__DATA UNDER STUDY__:
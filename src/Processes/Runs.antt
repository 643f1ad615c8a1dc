-- ===== src/Processes/Runs.antt =====
-- The states that careful processes reach with src/new_common.c: whom the counters of the slots count,
-- and what the names of the registry mean.
use urt.Base.{ℕ, ◌+◌, ◌^◌, ◌<◌, ◌≡◌, refl, true, false, none, List, arith}
use urt.Base.Family.{sum_to-zero}
use urt.Global.{World, object_at}
use urt.Registry.{is_used, find_by_name}
use urt.Registry.Invariant.{IsValid, find_by_name_of_no_key}
use urt.Processes.{idle, System, Reach, here, later}
use urt.Processes.Invariant.{Inv, users_in, makers_in}
use urt.Processes.Safety.{Step-Inv}

-- A registry that is set up, open, and of which no name is taken.
pub record Fresh (w : World) : Type 0 where
  pub valid : IsValid w.mem
  pub open_sem : w.sem ≡ 1
  pub empty : (i : ℕ) → is_used (object_at w.mem i) ≡ false

unused :
    (w : World) (i : ℕ)
    → is_used (object_at w.mem i) ≡ false
    → ((object_at w.mem i).count ≡ 0) × ((object_at w.mem i).reserved ≡ false)
unfolding is_used
unused w i h = ground arith

module _ (n : ℕ) (w : World) (few : n + 1 < 2 ^ 32) (fresh : Fresh w) where
  start-Inv : Inv n (record { world = w; stage = λ a. idle })
  start-Inv = record {
    valid = fresh.valid;
    open_sem = fresh.open_sem;
    counted = λ i.
        ground (
          arith,
          unused w i (fresh.empty i),
          sum_to-zero n (users_in i) (λ a. idle) (λ a lt. refl),
        );
    reserving = λ i.
        ground (
          arith,
          unused w i (fresh.empty i),
          sum_to-zero n (makers_in i) (λ a. idle) (λ a lt. refl),
        );
    alone = λ i r. (unused w i (fresh.empty i)).0;
    held = λ a lt. tt;
  }

  pub Reach-Inv : {s : System} → Reach true n w s → Inv n s
  Reach-Inv (here e) = rw e start-Inv
  Reach-Inv (later r step) = Step-Inv few step (Reach-Inv r)

  none_taken :
      (s : System)
      → Inv n s
      → ((a : ℕ) → a < n → s.stage a ≡ idle)
      → (i : ℕ) → is_used (object_at s.world.mem i) ≡ false
  unfolding is_used
  none_taken s v quiet i = ground (
    arith,
    v.counted i,
    v.reserving i,
    sum_to-zero n (users_in i) s.stage (λ a lt. rw (quiet a lt) refl),
    sum_to-zero n (makers_in i) s.stage (λ a lt. rw (quiet a lt) refl),
  )

  -- While fewer than 2^32 - 1 agents share a registry of which no name was taken at first, and nobody
  -- attaches to a name that is being made, whenever every agent is idle again no slot is taken and no
  -- name is found: nothing leaks, whichever calls failed on the way.
  pub Reach-no_leak :
      (s : System)
      → Reach true n w s
      → ((a : ℕ) → a < n → s.stage a ≡ idle)
      → ((i : ℕ) → is_used (object_at s.world.mem i) ≡ false)
        × ((name : List ℕ) → find_by_name s.world.mem name ≡ none)
  Reach-no_leak s t quiet = (
    free,
    λ name. find_by_name_of_no_key s.world.mem name (λ j u e. absurd (ground (arith, free j))),
  )
    where
      free : (i : ℕ) → is_used (object_at s.world.mem i) ≡ false
      free = none_taken s (Reach-Inv t) quiet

__ABOUT THIS TASK__: Lines wanted from the listing above: the line with "sum_to-zero n (makers_in i) s.stage" up to and including the line with "-- attaches to". Please write them out exactly, adding nothing else.

__ANSWER TO THE PROBLEM__:
    sum_to-zero n (makers_in i) s.stage (λ a lt. rw (quiet a lt) refl),
  )

  -- While fewer than 2^32 - 1 agents share a registry of which no name was taken at first, and nobody
  -- attaches to a name that is being made, whenever every agent is idle again no slot is taken and no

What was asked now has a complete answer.